My mother died a few weeks ago.


And apart from one story on my socials sharing the news of her passing, and a blog post (or 3🤭), I have not spoken about it on social media. In fact, for the mourning period, I have not been active online.


Not because I am in denial.

Not because I am trying to be strong. (Only tables are meant to be strong, I am NOT).

Not because I loved her any less.


But because my grief feels too sacred for social media.


Ever noticed how the internet has trained us to perform grief publicly?


Someone dies, and within hours, there is:

  • a black-and-white picture

  • crying emojis

  • angel emojis

  • “rest in peace”

  • paragraphs poured straight from the heart

  • Instagram stories

  • tribute videos

  • sympathy comments

and then… likes.


Hundreds and hundreds of likes.


And I know that for some people, public grief is healing. I genuinely do understand that. Some people feel held by their community in that way, and there is absolutely nothing wrong with that.


But for me? I could not do it. (What I really wanted to write here was “give me zero Shem”🤣 but that’s maybe too niche a reference).


Something about reducing the biggest loss of my life into content that people consume in seven seconds and “like” before scrolling to a makeup tutorial or a recipe video felt unbearable to me.


My grief refuses to flatten itself into something consumable.

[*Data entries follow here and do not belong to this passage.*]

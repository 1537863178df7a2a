-- ===== src/Evidence/Canonical/Fates.antt =====
-- What the fate of a candidate says of the resolver (rintel/provider_arch/canonical.py).
use rintel_core.Prelude.{
  ◌≡◌, ◌≢◌, true, false, refl, sym, ap, ◌∙◌, subst, inl, inr, String, Option, none, some, arith, ok,
  Result-cases, Bool-cases,
}
use rintel_core.Prelude.Json.{Json, null, boolean, integer, negative, real, text, array, object}
use rintel_core.Evidence.Contract.{exact, resolution_eq, resolution_beq_iff}
use rintel_core.Evidence.Wire.{Codec}
use rintel_core.Evidence.Candidate.{EvidenceCandidate}
use rintel_core.Evidence.Canonical.Identity.{
  subject_role, not_resolvable, identity_denied, IdentityResolver, Item, Fate, accepted, unresolved,
  is_null, is_falsy, is_unresolved, resolve_object, fate_of_parts, fate,
}

null_falsy : (j : Json) → is_null j ≡ true → is_falsy j ≡ true
null_falsy null h = refl
null_falsy (boolean b) h = absurd cc
null_falsy (integer n) h = absurd cc
null_falsy (negative n) h = absurd cc
null_falsy (real r) h = absurd cc
null_falsy (text s) h = absurd cc
null_falsy (array js) h = absurd cc
null_falsy (object fs) h = absurd cc

-- the item of a fate
abbrev accepted_item : Item → Fate → Item
accepted_item d (accepted i) = i
accepted_item d _ = d

abbrev item_of : EvidenceCandidate → String → Json → Item
item_of c s obj = record { candidate = c; subject = s; object_value = obj }

module _ (codec : Codec) (resolver : IdentityResolver) where
  -- The resolver finds the subject of the item and its object, and an object for an exact target.
  pub record IsResolved (i : Item) : Type 0 where
    pub subject_found : resolver i.candidate.subject i.candidate subject_role ≡ ok (some i.subject)
    pub object_found : resolve_object codec resolver i.candidate ≡ ok i.object_value
    pub exact_object :
        i.candidate.object_is_identity ≡ true
        → i.candidate.resolution ≡ exact
        → i.object_value ≢ null

  -- Where the resolver finds a subject and an object, the object is an identity and empty.
  abbrev pub IsUnresolved : EvidenceCandidate → Type 0
  IsUnresolved u =
      (s : String) (obj : Json)
      → resolver u.subject u subject_role ≡ ok (some s)
      → resolve_object codec resolver u ≡ ok obj
      → (u.object_is_identity ≡ true) × (is_falsy obj ≡ true)

  -- an item that was made of these parts
  record Parts (c : EvidenceCandidate) (s : Option String) (obj : Json) (i : Item) : Type 0 where
    same_candidate : i.candidate ≡ c
    found : s ≡ some i.subject
    same_value : obj ≡ i.object_value
    settled : is_unresolved codec resolver c obj ≡ false

  exact_found :
      (c : EvidenceCandidate) (obj : Json)
      → is_unresolved codec resolver c obj ≡ false
      → c.object_is_identity ≡ true
      → c.resolution ≡ exact
      → obj ≡ null
      → ⊥
  exact_found c obj h a b n =
      let no : is_null obj ≡ true = ap is_null n in
      ground (arith, h, a, no, (resolution_beq_iff c.resolution exact).1 b)

  fate_of_parts-accepted :
      (c : EvidenceCandidate) (s : Option String) (obj : Json) (i : Item)
      → fate_of_parts codec resolver c s obj ≡ accepted i
      → Parts c s obj i
  fate_of_parts-accepted c none obj i h = absurd cc
  fate_of_parts-accepted c (some s) obj i h =
      elim (Bool-cases (is_unresolved codec resolver c obj)) [
        | inl q ↦ absurd (ground (arith, rw q at h))
        | inr q ↦
            subst (λ i. Parts c (some s) obj i) (ap (accepted_item (item_of c s obj)) (rw q at h))
              (record { same_candidate = refl; found = refl; same_value = refl; settled = q })
      ]

  pub fate-accepted :
      (c : EvidenceCandidate) (i : Item)
      → fate codec resolver c ≡ accepted i
      → (i.candidate ≡ c) × IsResolved i
  unfolding fate
  fate-accepted c i h = elim (Result-cases (resolver c.subject c subject_role)) [
    | inl (s, p) ↦ elim (Result-cases (resolve_object codec resolver c)) [
      | inl (obj, q) ↦
          let t = fate_of_parts-accepted c s obj i (rw (p, q) at h) in
          let same = t.same_candidate in
          (
            same,
            record {
              subject_found = ap (λ c. resolver c.subject c subject_role) same ∙ p ∙ ap ok t.found;
              object_found = ap (resolve_object codec resolver) same ∙ q ∙ ap ok t.same_value;
              exact_object = λ a b n.
                  exact_found c obj t.settled (ap (λ c. c.object_is_identity) (sym same) ∙ a)
                    (ap (λ c. c.resolution) (sym same) ∙ b) (t.same_value ∙ n);
            },
          )
      | inr (not_resolvable, q) ↦ absurd (ground (arith, rw (p, q) at h))
      | inr (identity_denied, q) ↦ absurd (ground (arith, rw (p, q) at h))
    ]
    | inr (not_resolvable, p) ↦ absurd (ground (arith, rw p at h))
    | inr (identity_denied, p) ↦ absurd (ground (arith, rw p at h))
  ]

  fate_of_parts-unresolved :
      (c : EvidenceCandidate) (s : String) (obj : Json)
      → fate_of_parts codec resolver c (some s) obj ≡ unresolved
      → is_unresolved codec resolver c obj ≡ true
  fate_of_parts-unresolved c s obj h = elim (Bool-cases (is_unresolved codec resolver c obj)) [
    | inl q ↦ q
    | inr q ↦ absurd (ground (arith, rw q at h))
  ]

  pub fate-IsUnresolved :
      (c : EvidenceCandidate) → fate codec resolver c ≡ unresolved → IsUnresolved c
  unfolding fate
  fate-IsUnresolved c h s obj p q =
      let t = fate_of_parts-unresolved c s obj (rw (p, q) at h) in
      (ground (arith, t), ground (arith, t, null_falsy obj))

I do not want the internet comforting me with heart emojis.

I do not want people I have not spoken to in six years typing “stay strong dear.”

I do not want my mother’s death to become engagement.


Maybe that sounds harsh, but grief has made me deeply protective over certain things.


And one of those things is privacy in mourning.


The truth is, I actually love being visible on social media. I love beauty. I love documenting my life (in fact, before you continue reading, go follow my Instagram: @tubainnairobi). I love sharing joy. I love a good caption and aesthetically pleasing photos and soft lighting and beautiful experiences and playful bragging like my mum did. (My Nairobi friends are tired of hearing me say “I’m better than you” 🤣🤣🤣)


But joy and grief do not feel the same to me.


Joy feels expansive.

Grief feels holy.


Joy feels light enough to share.

Grief feels like something to protect.


And maybe that is the real tension of modern life. Those of us that choose to, now live in a world where every emotion is expected to become content. Every milestone, every heartbreak, every breakdown, every triumph. Everything is documented, uploaded, processed publicly, and consumed quickly.

But some things, at least for me, lose meaning the moment they become performance.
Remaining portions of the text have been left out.